My heart is breaking for the village of South Webster. When tragedy hits in a small community, it hits hard. I don’t really have the words to describe how deeply this community has been affected by loss and hardships over the past few years.
Earlier this week, my husband Ryan and I were sitting at home, getting ready for bed. I was scrolling through Facebook when I started seeing status after status that said things like “Praying for Webster,” and “Keep our community in your prayers.”
Ryan went to South Webster, he grew up there and we’re getting ready to move back. We’re involved in the community and we love it very much. We were obviously concerned because many of our friends and family members live there.
Seconds later, I got a text from my sister. A young woman, just a year younger than I, who lived in South Webster passed away in a tragic circumstance. Not 5 minutes later, my Facebook feed was filled with condolences for the family from those in Webster and the surrounding towns.

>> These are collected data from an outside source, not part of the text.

-- ===== src/Agent/Control.antt =====
-- crates/cli/src/tunnel.rs: `handle_control_messages`, which reads the control stream to its end. The
-- players that it logs are the numbers of their streams. The loop runs on fuel, `none` when that is
-- used up.
use gamenet.Base.{
  ℕ, zero, suc, ◌≤◌, ◌<◌, ◌≡◌, refl, ap, Option, none, some, List, [], ◌∷◌, ◌++◌, length,
  length-append, ltb, Result, ok, err, ◌>>=◌, >>=-eq-ok, Bool-cases, inl, inr, arith, All,
}
use gamenet.Errors.{Error}
use gamenet.Protocol.{
  ControlMessage, register, tunnel_ready, new_connection, error, rotate_identity, identity_rotated,
  recover_identity, identity_recovered,
}
use gamenet.Message.{
  Bytes, Codec, to_be_bytes, send_msg, read_exact, frame_length, recv_payload, recv_msg,
  max_control_msg_bytes,
}
use gamenet.Message.Frames.{Carries, recv_msg-send_msg}

-- The players of a message, before those of the rest of the stream.
abbrev pub joined : ControlMessage → List ℕ → List ℕ
joined (new_connection stream_id) players = stream_id ∷ players
joined (register p l t r) players = players
joined (tunnel_ready p) players = players
joined (error text) players = players
joined (rotate_identity a b) players = players
joined (identity_rotated p) players = players
joined (recover_identity a b) players = players
joined (identity_recovered p) players = players

-- The players that are logged, and how the loop ends.
abbrev pub Log : Type 0
Log = List ℕ × Result Error (Unit {0})

abbrev pub log : ControlMessage → Option Log → Option Log
log msg none = none
log msg (some (players, end)) = some (joined msg players, end)

unfoldable pub handle_control_messages : Codec → ℕ → Bytes → Option Log
handle_control_messages codec zero reader = none
handle_control_messages codec (suc fuel) reader = elim (recv_msg codec reader) [
  | err e ↦ some ([], err e)
  | ok (none, rest) ↦ some ([], ok tt)
  | ok (some msg, rest) ↦ log msg (handle_control_messages codec fuel rest)
]

read_exact-length :
    (n : ℕ) (reader read rest : Bytes)
    → read_exact n reader ≡ ok (read, rest)
    → length rest ≤ length reader
unfolding read_exact
read_exact-length zero reader read rest h =
    let same : reader ≡ rest = ground arith in omega (arith, ap length same)
read_exact-length (suc n) [] read rest h = absurd (ground arith)
read_exact-length (suc n) (b ∷ reader) read rest h =
    let ((read', rest'), e, k) = >>=-eq-ok (read_exact n reader) (λ (r, s). ok (b ∷ r, s)) h in
    let same : rest' ≡ rest = ground arith in
    omega (arith, ap length same, read_exact-length n reader read' rest' e)

recv_payload-length :
    (codec : Codec) (len : ℕ) (reader rest : Bytes) (o : Option ControlMessage)
    → recv_payload codec len reader ≡ ok (o, rest)
    → length rest ≤ length reader
unfolding recv_payload
recv_payload-length codec len reader rest o h = elim (Bool-cases (ltb max_control_msg_bytes len)) [
  | inl e ↦ absurd (ground arith)
  | inr e ↦
      let ((payload, rest'), read, k) =
        >>=-eq-ok (read_exact len reader)
          (λ (payload, rest). codec.deserialize payload >>= λ msg. ok (some msg, rest))
          (rw (e, recv_payload) at h) in
      let (msg, _, k') = >>=-eq-ok (codec.deserialize payload) (λ msg. ok (some msg, rest')) k in
      let same : rest' ≡ rest = ground arith in
      omega (arith, ap length same, read_exact-length len reader payload rest' read)
]

-- A message takes at least one byte of the stream.
recv_msg-shorter :
    (codec : Codec) (reader rest : Bytes) (msg : ControlMessage)
    → recv_msg codec reader ≡ ok (some msg, rest)
    → length rest < length reader
unfolding recv_msg
recv_msg-shorter codec [] rest msg h = absurd (ground arith)
recv_msg-shorter codec (a ∷ reader) rest msg h =
    let ((size, reader'), read, k) =
      >>=-eq-ok (read_exact 3 reader)
        (λ (size, reader'). frame_length a size >>= λ len. recv_payload codec len reader') h in
    let (len, _, k') = >>=-eq-ok (frame_length a size) (λ len. recv_payload codec len reader') k in
    omega (
      arith,
      read_exact-length 3 reader size reader' read,
      recv_payload-length codec len reader' rest (some msg) k',
    )

log-eq-some :
    (msg : ControlMessage) (o : Option Log)
    → ((l : Log) × (o ≡ some l))
    → (l : Log) × (log msg o ≡ some l)
log-eq-some msg o ((players, end), e) = ((joined msg players, end), rw e refl)

-- Whatever bytes the control stream brings, the loop comes to its end: as many rounds as there are
-- bytes, and one more, are enough.
pub handle_control_messages-ends :
    (codec : Codec) (fuel : ℕ) (reader : Bytes)
    → length reader < fuel
    → (l : Log) × (handle_control_messages codec fuel reader ≡ some l)
unfolding handle_control_messages
handle_control_messages-ends codec zero reader h = absurd (omega arith)
handle_control_messages-ends codec (suc fuel) reader h =
    go (λ rest k. handle_control_messages-ends codec fuel rest k) (recv_msg codec reader) refl
  where
    go :
        ((rest : Bytes)
          → length rest < fuel
          → (l : Log) × (handle_control_messages codec fuel rest ≡ some l))
        → (r : Result Error (Option ControlMessage × Bytes)) → recv_msg codec reader ≡ r
        → (l : Log) × (handle_control_messages codec (suc fuel) reader ≡ some l)
    go again (err e) q = (([], err e), rw (q, handle_control_messages) refl)
    go again (ok (none, rest)) q = (([], ok tt), rw (q, handle_control_messages) refl)
    go again (ok (some msg, rest)) q =
        let shorter = recv_msg-shorter codec reader rest msg q in
        rw (q, handle_control_messages)
          (log-eq-some msg (handle_control_messages codec fuel rest) (again rest (omega arith)))

-- The messages that a relay sends, one after the other, before it closes the stream.
unfoldable pub send_all : Codec → List ControlMessage → Result Error Bytes
send_all codec [] = ok []
send_all codec (msg ∷ msgs) = do
  bytes ← send_msg codec msg
  rest ← send_all codec msgs
  ok (bytes ++ rest)

-- The players that the messages announce.
abbrev pub announced : List ControlMessage → List ℕ
announced [] = []
announced (msg ∷ msgs) = joined msg (announced msgs)

send_msg-nonempty :
    (codec : Codec) (msg : ControlMessage) (bytes : Bytes)
    → send_msg codec msg ≡ ok bytes
    → 0 < length bytes
unfolding send_msg to_be_bytes
send_msg-nonempty codec msg bytes h =
    let (payload, _, k) = >>=-eq-ok (codec.serialize msg) _ h in
    omega (arith, ap (λ (r : Result Error Bytes). size r) k)
  where
    size : Result Error Bytes → ℕ
    size (ok b) = length b
    size (err e) = 0

-- The host logs the players that the relay has announced, in their order, and ends without an error
-- when the relay closes the stream, if the codec carries each message in at most 64 KiB.
pub handle_control_messages-send_all :
    (codec : Codec) (msgs : List ControlMessage) (bytes : Bytes) (fuel : ℕ)
    → All (λ msg. (payload : Bytes) × Carries codec msg payload) msgs
    → send_all codec msgs ≡ ok bytes
    → length bytes < fuel
    → handle_control_messages codec fuel bytes ≡ some (announced msgs, ok tt)
unfolding handle_control_messages send_all
handle_control_messages-send_all codec msgs bytes zero c h f = absurd (omega arith)
handle_control_messages-send_all codec [] bytes (suc fuel) c h f =
    let same : bytes ≡ [] = ground arith in
    rw (same, handle_control_messages) (unfold recv_msg in refl)
handle_control_messages-send_all codec (msg ∷ msgs) bytes (suc fuel) c h f =
    let ((payload, carries), cs) = c in
    let (frame, sent, h₁) = >>=-eq-ok (send_msg codec msg) _ h in
    let (others, all, h₂) = >>=-eq-ok (send_all codec msgs) (λ rest. ok (frame ++ rest)) h₁ in
    let same : bytes ≡ frame ++ others = ground arith in
    let received = recv_msg-send_msg codec msg payload frame others carries sent in
    let size = send_msg-nonempty codec msg frame sent in
    let shorter : length others < fuel =
      omega (arith, ap length same, length-append frame others) in
    let rest = handle_control_messages-send_all codec msgs others fuel cs all shorter in
    rw same (rw (received, handle_control_messages) (rw rest refl))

When it comes to social media and death it can be both a blessing and a curse. I went through a similar ordeal when my father passed away in an ATV accident two years ago. Before I even knew what happened, before I could reach my family, my feed was filled with “RIP’s” and “So Sorry’s.”
In my case, my sisters called me, scared, because they couldn’t understand what had happened, why was everyone saying that our dad was dead? Was there an accident?
This is not the way that anyone should find out about a loved one passing.
How would anyone feel, if he or she were hit with such a reality shift that a lifelong friend, a treasured mentor, even a casual acquaintance—any relation—had passed away through what seems like such an impersonal, casual platform, like Facebook?
And while you may be mourning the loss of the person, it’s important to step outside your grief, momentarily to think of the family members who may not know.
With my dad’s passing, I appreciated social media, and all of the prayers and condolences that came from it. But in an instant, our grief was broadcast to hundreds of strangers and their friends.
And the same goes to the family in South Webster grieving the loss of their loved one, in an instant, everyone knew.
While these platforms are great for uniting friends in mourning, offering support and prayers, and reliving memories, it’s important to take a moment to consider the families involved in these incidents.
Place yourselves in their shoes, think before you post. Do not post rumors, do not spread speculation, wait until the family has addressed the situation. Give them some time to process before sharing what happened with others. If you need to express your feelings, be careful about posting names immediately.
I can’t imagine the pain and the heart-ache that this family is experiencing. In these times, be considerate and surround people with love, kindness and care.
If you or someone you know is experiencing a crisis, there is help available. Reach out, and I’m sure you will find a hand willing to help pull you out of the darkness. By calling 1-800-273-TALK (8255) you’ll be connected to a skilled, trained counselor at a crisis center in your area, anytime 24/7.